§ WHAT THE TASK REQUIRES:
All of the records below need to be returned exactly.

Items from a dataset
----------
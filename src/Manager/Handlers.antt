-- ===== src/Manager/Handlers.antt =====
-- Every handler over the manager refines the same handler over the cell of its session.
use aira_relay.Base.{refl, ap, Bool, true, false, not, Option, Text}
use aira_relay.Base.Results.{not_found, unprocessable, internal, ok, M, ◌>>=◌, ◌>>◌, pure, when}
use aira_relay.Manager.{SessionConfig, Database, World, ServerConfig, Answers}
use aira_relay.Manager.Cells.{Cell, Refines, Simulates, simulate}
use aira_relay.Manager.Refinement.{
  own_shared, pure-Refines, require-Refines, >>=-Refines, exists-Refines, upsert-Refines,
  delete-Refines, stop_session-Refines, unpair-Refines, logout-Refines, assign-Refines,
  unassign-Refines,
}
use aira_relay.Manager.Refinement.Starting.{start_session-Refines, is_running-view}
use aira_relay.Manager.Controller.{
  plus, cells, restart, create, update, delete_session, start_route, stop_route, logout_route,
  is_named, deprecated_start,
}

module _ {db : Database} (server : ServerConfig) (answers : Answers) (name : Text) where
  -- First `h`, and then what follows from its value.
  bind-Refines :
      {A B : Type 0} {m : M (World db) A} {c : M Cell A} {f : A → M (World db) B} {g : A → M Cell B}
      → Refines name m c
      → ((a : A) → Refines name (f a) (g a))
      → Refines name (m >>= f) (c >>= g)
  bind-Refines h k = >>=-Refines name k h

  then-Refines :
      {A B : Type 0} {m : M (World db) A} {c : M Cell A} {k : M (World db) B} {l : M Cell B}
      → Refines name m c
      → Refines name k l
      → Refines name (m >> k) (c >> l)
  then-Refines h k = >>=-Refines name (λ _. k) h

  when-Refines :
      (b : Bool) {m : M (World db) (Unit {0})} {c : M Cell (Unit {0})}
      → Refines name m c
      → Refines name (when b m) (when b c)
  when-Refines true h = h
  when-Refines false h = pure-Refines name tt

  is_running-Refines :
      Refines {db = db} name
        ((plus server answers).is_running name)
        ((cells server answers).is_running name)
  is_running-Refines = record {
    result = λ w. ap ok (is_running-view server answers name w);
    inside = λ w. refl;
    outside = λ w j d. own_shared name w j;
  }

  started-Refines :
      Refines {db = db} name
        ((plus server answers).start name >> pure tt)
        ((cells server answers).start name >> pure tt)
  started-Refines = then-Refines (start_session-Refines server answers name) (pure-Refines name tt)

  pub restart-Refines :
      Refines {db = db} name
        (restart (plus server answers) answers name)
        (restart (cells server answers) answers name)
  unfolding restart
  restart-Refines = bind-Refines (exists-Refines server answers name) λ found.
      then-Refines (require-Refines name found not_found) (
        then-Refines (assign-Refines server answers name)
          (then-Refines (stop_session-Refines server answers name true) started-Refines))

  pub create-Refines :
      (config : Option SessionConfig) (apps : Bool) (start : Bool)
      → Refines {db = db} name
          (create (plus server answers) answers name config apps start)
          (create (cells server answers) answers name config apps start)
  unfolding create
  create-Refines config apps start = bind-Refines (exists-Refines server answers name) λ found.
      then-Refines (require-Refines name (not found) unprocessable) (
        then-Refines (upsert-Refines server answers name config) (
          then-Refines (when-Refines apps (require-Refines name (answers.sync_apps name) internal))
            (when-Refines start
              (then-Refines (assign-Refines server answers name) started-Refines))))

  pub update-Refines :
      (config : Option SessionConfig) (apps : Bool)
      → Refines {db = db} name
          (update (plus server answers) answers name config apps)
          (update (cells server answers) answers name config apps)
  unfolding update
  update-Refines config apps = bind-Refines (exists-Refines server answers name) λ found.
      then-Refines (require-Refines name found not_found) (
        bind-Refines is_running-Refines λ running.
          then-Refines (stop_session-Refines server answers name true) (
            then-Refines (upsert-Refines server answers name config) (
              then-Refines
                (when-Refines apps (require-Refines name (answers.sync_apps name) internal))
                (when-Refines running started-Refines))))

  pub delete_session-Refines :
      Refines {db = db} name
        (delete_session (plus server answers) answers name)
        (delete_session (cells server answers) answers name)
  unfolding delete_session
  delete_session-Refines = then-Refines (unassign-Refines server answers name) (
      then-Refines (unpair-Refines server answers name) (
        then-Refines (stop_session-Refines server answers name true)
          (then-Refines (logout-Refines server answers name) (delete-Refines server answers name))))

  pub start_route-Refines :
      Refines {db = db} name
        (start_route (plus server answers) answers name)
        (start_route (cells server answers) answers name)
  unfolding start_route
  start_route-Refines = bind-Refines (exists-Refines server answers name) λ found.
      then-Refines (require-Refines name found not_found)
        (then-Refines (assign-Refines server answers name) started-Refines)

  pub stop_route-Refines :
      Refines {db = db} name
        (stop_route (plus server answers) answers name)
        (stop_route (cells server answers) answers name)
  unfolding stop_route
  stop_route-Refines =
      then-Refines (unassign-Refines server answers name)
        (stop_session-Refines server answers name false)

  pub logout_route-Refines :
      Refines {db = db} name
        (logout_route (plus server answers) answers name)
        (logout_route (cells server answers) answers name)
  unfolding logout_route
  logout_route-Refines = bind-Refines (exists-Refines server answers name) λ found.
      then-Refines (require-Refines name found not_found) (
        bind-Refines is_running-Refines λ running.
          then-Refines (unpair-Refines server answers name) (
            then-Refines (stop_session-Refines server answers name true) (
              then-Refines (logout-Refines server answers name)
                (when-Refines running started-Refines))))

  deprecated_start-Refines :
      (config : Option SessionConfig)
      → Refines {db = db} name
          (deprecated_start (plus server answers) answers name config)
          (deprecated_start (cells server answers) answers name config)
  unfolding deprecated_start
  deprecated_start-Refines config =
      then-Refines (require-Refines name (is_named name) unprocessable) (
        bind-Refines is_running-Refines λ running.
          then-Refines (require-Refines name (not running) unprocessable) (
            then-Refines (upsert-Refines server answers name config) (
              then-Refines (assign-Refines server answers name)
                (start_session-Refines server answers name))))

  -- A request for one session answers as the same request does on that session's cell, does to that
  -- cell what it does there, and leaves every other session's cell alone, but for the engine's credentials:
  -- two sessions whose names differ in what the names of databases leave out, such as upper and lower
  -- case, have them in common. Beside these, what is kept in memory and in the database for one session
  -- never depends on another, but for its proxy.
  pub handlers_simulate :
      (config : Option SessionConfig) (apps start : Bool) (w : World db) (j : Text)
      → Simulates name w j
          (create (plus server answers) answers name config apps start)
          (create (cells server answers) answers name config apps start)
        × Simulates name w j
            (update (plus server answers) answers name config apps)
            (update (cells server answers) answers name config apps)
        × Simulates name w j
            (delete_session (plus server answers) answers name)
            (delete_session (cells server answers) answers name)
        × Simulates name w j
            (start_route (plus server answers) answers name)
            (start_route (cells server answers) answers name)
        × Simulates name w j
            (stop_route (plus server answers) answers name)
            (stop_route (cells server answers) answers name)
        × Simulates name w j
            (logout_route (plus server answers) answers name)
            (logout_route (cells server answers) answers name)
        × Simulates name w j
            (restart (plus server answers) answers name)
            (restart (cells server answers) answers name)
        × Simulates name w j
            (deprecated_start (plus server answers) answers name config)
            (deprecated_start (cells server answers) answers name config)
  handlers_simulate config apps start w j = (
    simulate (create-Refines config apps start) w j,
    simulate (update-Refines config apps) w j,
    simulate delete_session-Refines w j,
    simulate start_route-Refines w j,
    simulate stop_route-Refines w j,
    simulate logout_route-Refines w j,
    simulate restart-Refines w j,
    simulate (deprecated_start-Refines config) w j,
  )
----------
§ RESULT OF THE TASK:
filename src/Manager/Handlers.antt
-- ===== src/Manager/Handlers.antt =====
-- Every handler over the manager refines the same handler over the cell of its session.
use aira_relay.Base.{refl, ap, Bool, true, false, not, Option, Text}
use aira_relay.Base.Results.{not_found, unprocessable, internal, ok, M, ◌>>=◌, ◌>>◌, pure, when}
use aira_relay.Manager.{SessionConfig, Database, World, ServerConfig, Answers}
use aira_relay.Manager.Cells.{Cell, Refines, Simulates, simulate}
use aira_relay.Manager.Refinement.{
  own_shared, pure-Refines, require-Refines, >>=-Refines, exists-Refines, upsert-Refines,
  delete-Refines, stop_session-Refines, unpair-Refines, logout-Refines, assign-Refines,
  unassign-Refines,
}
use aira_relay.Manager.Refinement.Starting.{start_session-Refines, is_running-view}
use aira_relay.Manager.Controller.{
  plus, cells, restart, create, update, delete_session, start_route, stop_route, logout_route,
  is_named, deprecated_start,
}

module _ {db : Database} (server : ServerConfig) (answers : Answers) (name : Text) where
  -- First `h`, and then what follows from its value.
  bind-Refines :
      {A B : Type 0} {m : M (World db) A} {c : M Cell A} {f : A → M (World db) B} {g : A → M Cell B}
      → Refines name m c
      → ((a : A) → Refines name (f a) (g a))
      → Refines name (m >>= f) (c >>= g)
  bind-Refines h k = >>=-Refines name k h

  then-Refines :
      {A B : Type 0} {m : M (World db) A} {c : M Cell A} {k : M (World db) B} {l : M Cell B}
      → Refines name m c
      → Refines name k l
      → Refines name (m >> k) (c >> l)
  then-Refines h k = >>=-Refines name (λ _. k) h

  when-Refines :
      (b : Bool) {m : M (World db) (Unit {0})} {c : M Cell (Unit {0})}
      → Refines name m c
      → Refines name (when b m) (when b c)
  when-Refines true h = h
  when-Refines false h = pure-Refines name tt

  is_running-Refines :
      Refines {db = db} name
        ((plus server answers).is_running name)
        ((cells server answers).is_running name)
  is_running-Refines = record {
    result = λ w. ap ok (is_running-view server answers name w);
    inside = λ w. refl;
    outside = λ w j d. own_shared name w j;
  }

  started-Refines :
      Refines {db = db} name
        ((plus server answers).start name >> pure tt)
        ((cells server answers).start name >> pure tt)
  started-Refines = then-Refines (start_session-Refines server answers name) (pure-Refines name tt)

  pub restart-Refines :
      Refines {db = db} name
        (restart (plus server answers) answers name)
        (restart (cells server answers) answers name)
  unfolding restart
  restart-Refines = bind-Refines (exists-Refines server answers name) λ found.
      then-Refines (require-Refines name found not_found) (
        then-Refines (assign-Refines server answers name)
          (then-Refines (stop_session-Refines server answers name true) started-Refines))

  pub create-Refines :
      (config : Option SessionConfig) (apps : Bool) (start : Bool)
      → Refines {db = db} name
          (create (plus server answers) answers name config apps start)
          (create (cells server answers) answers name config apps start)
  unfolding create
  create-Refines config apps start = bind-Refines (exists-Refines server answers name) λ found.
      then-Refines (require-Refines name (not found) unprocessable) (
        then-Refines (upsert-Refines server answers name config) (
          then-Refines (when-Refines apps (require-Refines name (answers.sync_apps name) internal))
            (when-Refines start
              (then-Refines (assign-Refines server answers name) started-Refines))))

  pub update-Refines :
      (config : Option SessionConfig) (apps : Bool)
      → Refines {db = db} name
          (update (plus server answers) answers name config apps)
          (update (cells server answers) answers name config apps)
  unfolding update
  update-Refines config apps = bind-Refines (exists-Refines server answers name) λ found.
      then-Refines (require-Refines name found not_found) (
        bind-Refines is_running-Refines λ running.
          then-Refines (stop_session-Refines server answers name true) (
            then-Refines (upsert-Refines server answers name config) (
              then-Refines
                (when-Refines apps (require-Refines name (answers.sync_apps name) internal))
                (when-Refines running started-Refines))))

  pub delete_session-Refines :
      Refines {db = db} name
        (delete_session (plus server answers) answers name)
        (delete_session (cells server answers) answers name)
  unfolding delete_session
  delete_session-Refines = then-Refines (unassign-Refines server answers name) (
      then-Refines (unpair-Refines server answers name) (
        then-Refines (stop_session-Refines server answers name true)
          (then-Refines (logout-Refines server answers name) (delete-Refines server answers name))))

  pub start_route-Refines :
      Refines {db = db} name
        (start_route (plus server answers) answers name)
        (start_route (cells server answers) answers name)
  unfolding start_route
  start_route-Refines = bind-Refines (exists-Refines server answers name) λ found.
      then-Refines (require-Refines name found not_found)
        (then-Refines (assign-Refines server answers name) started-Refines)

  pub stop_route-Refines :
      Refines {db = db} name
        (stop_route (plus server answers) answers name)
        (stop_route (cells server answers) answers name)
  unfolding stop_route
  stop_route-Refines =
      then-Refines (unassign-Refines server answers name)
        (stop_session-Refines server answers name false)

  pub logout_route-Refines :
      Refines {db = db} name
        (logout_route (plus server answers) answers name)
        (logout_route (cells server answers) answers name)
  unfolding logout_route
  logout_route-Refines = bind-Refines (exists-Refines server answers name) λ found.
      then-Refines (require-Refines name found not_found) (
        bind-Refines is_running-Refines λ running.
          then-Refines (unpair-Refines server answers name) (
            then-Refines (stop_session-Refines server answers name true) (
              then-Refines (logout-Refines server answers name)
                (when-Refines running started-Refines))))

  deprecated_start-Refines :
      (config : Option SessionConfig)
      → Refines {db = db} name
          (deprecated_start (plus server answers) answers name config)
          (deprecated_start (cells server answers) answers name config)
  unfolding deprecated_start
  deprecated_start-Refines config =
      then-Refines (require-Refines name (is_named name) unprocessable) (
        bind-Refines is_running-Refines λ running.
          then-Refines (require-Refines name (not running) unprocessable) (
            then-Refines (upsert-Refines server answers name config) (
              then-Refines (assign-Refines server answers name)
                (start_session-Refines server answers name))))

  -- A request for one session answers as the same request does on that session's cell, does to that
  -- cell what it does there, and leaves every other session's cell alone, but for the engine's credentials:
  -- two sessions whose names differ in what the names of databases leave out, such as upper and lower
  -- case, have them in common. Beside these, what is kept in memory and in the database for one session
  -- never depends on another, but for its proxy.
  pub handlers_simulate :
      (config : Option SessionConfig) (apps start : Bool) (w : World db) (j : Text)
      → Simulates name w j
          (create (plus server answers) answers name config apps start)
          (create (cells server answers) answers name config apps start)
        × Simulates name w j
            (update (plus server answers) answers name config apps)
            (update (cells server answers) answers name config apps)
        × Simulates name w j
            (delete_session (plus server answers) answers name)
            (delete_session (cells server answers) answers name)
        × Simulates name w j
            (start_route (plus server answers) answers name)
            (start_route (cells server answers) answers name)
        × Simulates name w j
            (stop_route (plus server answers) answers name)
            (stop_route (cells server answers) answers name)
        × Simulates name w j
            (logout_route (plus server answers) answers name)
            (logout_route (cells server answers) answers name)
        × Simulates name w j
            (restart (plus server answers) answers name)
            (restart (cells server answers) answers name)
        × Simulates name w j
            (deprecated_start (plus server answers) answers name config)
            (deprecated_start (cells server answers) answers name config)
  handlers_simulate config apps start w j = (
    simulate (create-Refines config apps start) w j,
    simulate (update-Refines config apps) w j,
    simulate delete_session-Refines w j,
    simulate start_route-Refines w j,
    simulate stop_route-Refines w j,
    simulate logout_route-Refines w j,
    simulate restart-Refines w j,
    simulate (deprecated_start-Refines config) w j,
  )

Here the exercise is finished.